Note4Students
From UPSC perspective, the following things are important :
Prelims level: Prompt Corrective Action (PCA)
Mains level: Read the attached story
Central Idea
- The RBI has announced the extension of the Prompt Corrective Action (PCA) framework to Government Non-Banking Financial Companies (NBFCs), excluding those in the Base Layer, starting from October 1, 2024.
PCA Framework Expansion
- Scope: Government-owned NBFCs, such as PFC, REC, IRFC, and IFCI, will now fall under the PCA framework.
- Impact: These NBFCs will face restrictions on dividend distribution and profit remittances. Promoters and shareholders will have limitations on equity infusion, and leverage reduction will be required. Issuing guarantees or taking contingent liabilities on behalf of group companies will also be restricted.
What is Prompt Corrective Action (PCA) Framework?
- Definition: The PCA Framework is a watchlist of banks identified as financially weak by the central bank.
- Regulatory Measures: When a bank falls under PCA, the regulator imposes restrictions on its operations, such as curbs on lending activities.
- Coverage: The PCA Framework applies exclusively to commercial banks and does not extend to cooperative banks or non-banking financial companies (NBFCs).
- History: The RBI introduced the PCA Framework in December 2002 as an early intervention mechanism, inspired by the US Federal Deposit Insurance Corporation’s PCA framework.
- Last Update: The revised PCA framework came into effect on January 1, 2022.
- Monitoring Areas: The revised framework places a heightened focus on capital adequacy, asset quality, and leverage.
- Risk Threshold: The RBI has updated the level of capital adequacy ratio shortfall that triggers classification into the “risk threshold three” category.
Trigger Points for PCA Inclusion
- Capital-to-Risk Weighted Assets Ratio (CRAR): CRAR measures a bank’s capital in relation to risk-weighted assets.

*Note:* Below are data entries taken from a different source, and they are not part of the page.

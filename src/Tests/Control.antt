-- ===== src/Tests/Control.antt =====
-- The control interface at concrete inputs. `lines_of` stands in for `split` of Boost, and `prefixed`
-- for its `starts_with`.
use libservice.Prelude.{
  ℕ, suc, Text, lit, Bool, true, false, ◌&&◌, none, some, List, [], ◌∷◌, ◌++◌, ◌==◌, ◌≡◌, refl,
  arith, if◌then◌else◌,
}
use libservice.SignalHandler.{Handler, init}
use libservice.Ctrl.{Strings, StringLaws, Without, newline}
use libservice.Ctrl.Server.{
  Owner, Written, wrote, command_error, Connection, process_ctrl, dispatch_ctrl,
}
use libservice.Ctrl.Client.{Answer, lines}
use libservice.Ctrl.Client
use libservice.Ctrl.Lines.{error_line}
use libservice.Ctrl.RoundTrip.{exchange, served, exchange-lines, exchange-late_error}

abbrev cons_line : ℕ → List Text → List Text
cons_line c [] = (c ∷ []) ∷ []
cons_line c (l ∷ ls) = (c ∷ l) ∷ ls

lines_of : Text → List Text
lines_of [] = [] ∷ []
lines_of (c ∷ s) = let rest = lines_of s in if c == newline then [] ∷ rest else cons_line c rest

prefixed : Text → Text → Bool
prefixed s [] = true
prefixed [] (c ∷ p) = false
prefixed (d ∷ s) (c ∷ p) = (d == c) && prefixed s p

abbrev strings : Strings
strings = record { split_lines = lines_of; starts_with = prefixed; split_words = λ s. s ∷ [] }

lines_of-last : (s : Text) → Without newline s → lines_of s ≡ s ∷ []
unfolding lines_of
lines_of-last [] h = refl
lines_of-last (c ∷ s) h = ground (arith, lines_of-last s h.1)

lines_of-next : (s t : Text) → Without newline s → lines_of (s ++ newline ∷ t) ≡ s ∷ lines_of t
unfolding lines_of
lines_of-next [] t h = refl
lines_of-next (c ∷ s) t h = ground (arith, lines_of-next s t h.1)

prefixed-append : (p s : Text) → prefixed (p ++ s) p ≡ true
unfolding prefixed
prefixed-append [] s = refl
prefixed-append (c ∷ p) s = ground (arith, prefixed-append p s)

prefixed_only : (s p : Text) → prefixed s p ≡ true → (t : Text) × (s ≡ p ++ t)
unfolding prefixed
prefixed_only s [] h = (s, refl)
prefixed_only [] (c ∷ p) h = cc
prefixed_only (d ∷ s) (c ∷ p) h = let (t, e) = prefixed_only s p (ground arith) in (t, ground arith)

abbrev laws : StringLaws strings
laws = record {
  split_last = lines_of-last;
  split_next = lines_of-next;
  starts = prefixed-append;
  starts_only = prefixed_only;
}

abbrev answering : Written → Owner
answering w = record { ctrl = λ cmd. w; stat = wrote []; monitor = wrote [] }

abbrev fresh : Handler
fresh = init 7 none

abbrev plain : Written
plain = wrote (lit "one\ntwo\n")

abbrev failing : Written
failing = record {
  acts = λ h. h;
  text = [];
  thrown = some (command_error (lit "bad"));
  answer = false;
}

abbrev failing_late : Written
failing_late = record {
  acts = λ h. h;
  text = lit "one\n";
  thrown = some (command_error (lit "bad"));
  answer = false;
}

exchange-lines_example :
    (exchange strings laws
        (answering plain)
        fresh
        (lit "list")
        (lit "list")
        []
        (lit "ctl")
        (lit "exit\n")
        []
      ≡ some (lines (lit "one" ∷ lit "two" ∷ []), []))
    × ((served strings laws
          (answering plain)
          fresh
          (lit "list")
          (lit "list")
          []
          (lit "exit\n")).connection.input
        ≡ lit "exit\n")
exchange-lines_example =
    exchange-lines strings laws (answering plain) fresh (lit "list") (lit "list") [] (lit "ctl")
      (lit "exit\n") [] (lit "one" ∷ lit "two" ∷ []) (λ h. h) (ground arith, refl, refl)
      (unfold process_ctrl dispatch_ctrl in refl) (ground arith) (unfold prefixed in refl)

exchange-late_error_example :
    exchange strings laws
      (answering failing_late)
      fresh
      (lit "list")
      (lit "list")
      []
      (lit "ctl")
      []
      []
    ≡ some (lines (lit "one" ∷ error_line (lit "bad") ∷ []), [])
exchange-late_error_example =
    exchange-late_error strings laws (answering failing_late) fresh (lit "list") (lit "list") []
      (lit "ctl") [] [] (lit "one") (lit "bad") (λ h. h) (ground arith, refl, refl)
      (unfold process_ctrl dispatch_ctrl in refl) (ground arith) (ground arith)
      (unfold prefixed in refl)

abbrev asking : Connection
asking = record { input = lit "!terminate\n"; closed = false }

-- A service that knows no command.
abbrev refusing : Written
refusing = record { acts = λ h. h; text = []; thrown = none; answer = false }

-- A server that has nothing to say.
abbrev silent : Text → ℕ → Text × ℕ
silent command c = ([], suc c)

If CRAR falls below 9 percent, the RBI takes action, including the submission of a capital restoration plan, restrictions on business activities, and dividend payments. Additional steps may follow if CRAR is below 6 percent but equal to or above 3 percent.

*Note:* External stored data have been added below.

-- ===== src/Tests/Declared.antt =====
-- The declared options of a service that adds none of its own.
use libservice.Prelude.{lit, true, [], ◌∷◌, ◌≡◌, refl}
use libservice.Program.Declarations.{Declared, service_options, full, are_distinct}

abbrev nothing : Declared
nothing = record { cmdline = []; config = [] }

-- No option of a service is declared twice.
service_distinct : are_distinct (full 18 (lit "signals" ∷ []) service_options nothing) ≡ true
unfolding full service_options
service_distinct = refl
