-- ===== src/Tests/Startups.antt =====
-- Persona, daemonization and start of a service at concrete inputs.
use libservice.Prelude.{pos, lit, false, true, none, [], ◌∷◌, ◌≡◌, refl, take, Text, text_eq, Bool}
use libservice.Os.{
  Env, Trace, Same, Returns, Throws, set_effective_and_saved_id, set_real_id, initgroups,
  log_file_owner, set_effective_id, setuid, seteuid, setreuid, ok, fail, interrupted,
}
use libservice.Persona.{uid_setter, gid_setter, Config, switch_persona}
use libservice.Persona.Switching.{user_switches, switch_persona-fails, switch_persona_order}
use libservice.Daemon.{initial}
use libservice.SignalHandler.{signalled}
use libservice.Service.{Options, User, gives, after_fork}
use libservice.Service.Prepared.{unprepared_starts, after_fork_prepared}
use libservice.Service.Startup.{Refused}
use libservice.Tests.Environments.{calm, pid_path}

abbrev named_user : Config
named_user = record { username = lit "daemon"; groupname = []; login_env = true }

-- Every call that sets an id is refused with EPERM.
abbrev pub unprivileged : Env
unprivileged = record calm {
  succeeds =
      λ t c. elim c [ setuid n ↦ fail 1 | seteuid n ↦ fail 1 | setreuid n ↦ fail 1 | _ ↦ ok tt ];
}

switch_persona-fails_example :
    Throws
      (λ e t. user_switches unprivileged t ≡ 0)
      (switch_persona unprivileged set_real_id named_user [])
switch_persona-fails_example = switch_persona-fails unprivileged set_real_id named_user []

switch_persona_order_example :
    Returns
      (λ p t.
        (take 4 t
          ≡ uid_setter set_real_id p.running.uid
            ∷ initgroups (lit "daemon") p.running.gid
            ∷ gid_setter set_real_id p.running.gid
            ∷ log_file_owner p.running.uid p.running.gid
            ∷ [])
        × (user_switches calm t ≡ 1)
        × (p.start ≡ calm.effective []))
      (switch_persona calm set_real_id named_user [])
switch_persona_order_example = switch_persona_order calm set_real_id named_user [] refl

abbrev interrupting : Env
interrupting = record calm { reads = λ t fd. interrupted }

abbrev options : Options
options = record {
  daemonize = false;
  daemonize_nochdir = false;
  daemonize_noclose = false;
  pid_file = pid_path;
  log_file = [];
  ctrl = record { path = []; username = []; group = []; mode = 0 };
  config = named_user;
}

-- A service whose `start` succeeds while a terminate signal is pending.
abbrev pub user : User
user = record {
  before_daemonize = λ t b. gives tt;
  before_persona = λ t. gives set_real_id;
  after_persona = λ t. gives tt;
  start = λ t h. gives h;
  run = λ t h. gives (pos 0);
  events = λ t. signalled none 15 ∷ [];
}

pub refused : Refused unprivileged
refused t set_real_id uid = (1, refl)
refused t set_effective_id uid = (1, refl)
refused t set_effective_and_saved_id uid = (1, refl)

-- A file system of files alone.
abbrev at_path : Trace → Text → Text → Bool
at_path t p q = text_eq p q

-- The service with a pid file that switches to a user.
after_fork_prepared_example :
    Same
      (unprepared_starts calm at_path user options (initial false) [])
      []
      (after_fork calm user options (initial false) [])
after_fork_prepared_example =
    after_fork_prepared calm at_path user options (initial false) [] (λ t. refl)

- Net Non-Performing Assets (NPA): If net NPAs exceed 10 percent but remain below 15 percent, the RBI initiates measures to reduce bad loans and strengthen credit appraisal skills.
- Return on Assets (RoA): If RoA drops below 0.25 percent, restrictions are imposed on deposit renewal, access to costly deposits and CDs, and the bank’s entry into new lines of business.
Rationale for Expansion
- Growing Significance: NBFCs have witnessed substantial growth and have strong linkages with various financial segments.
- Supervisory Enhancement: In 2022, the RBI introduced the PCA framework for NBFCs to strengthen supervisory tools. The objective is to facilitate timely supervisory intervention and mandate corrective actions to restore financial health.
- Market Discipline: The framework serves as a mechanism for effective market discipline, ensuring that NBFCs adhere to financial prudence.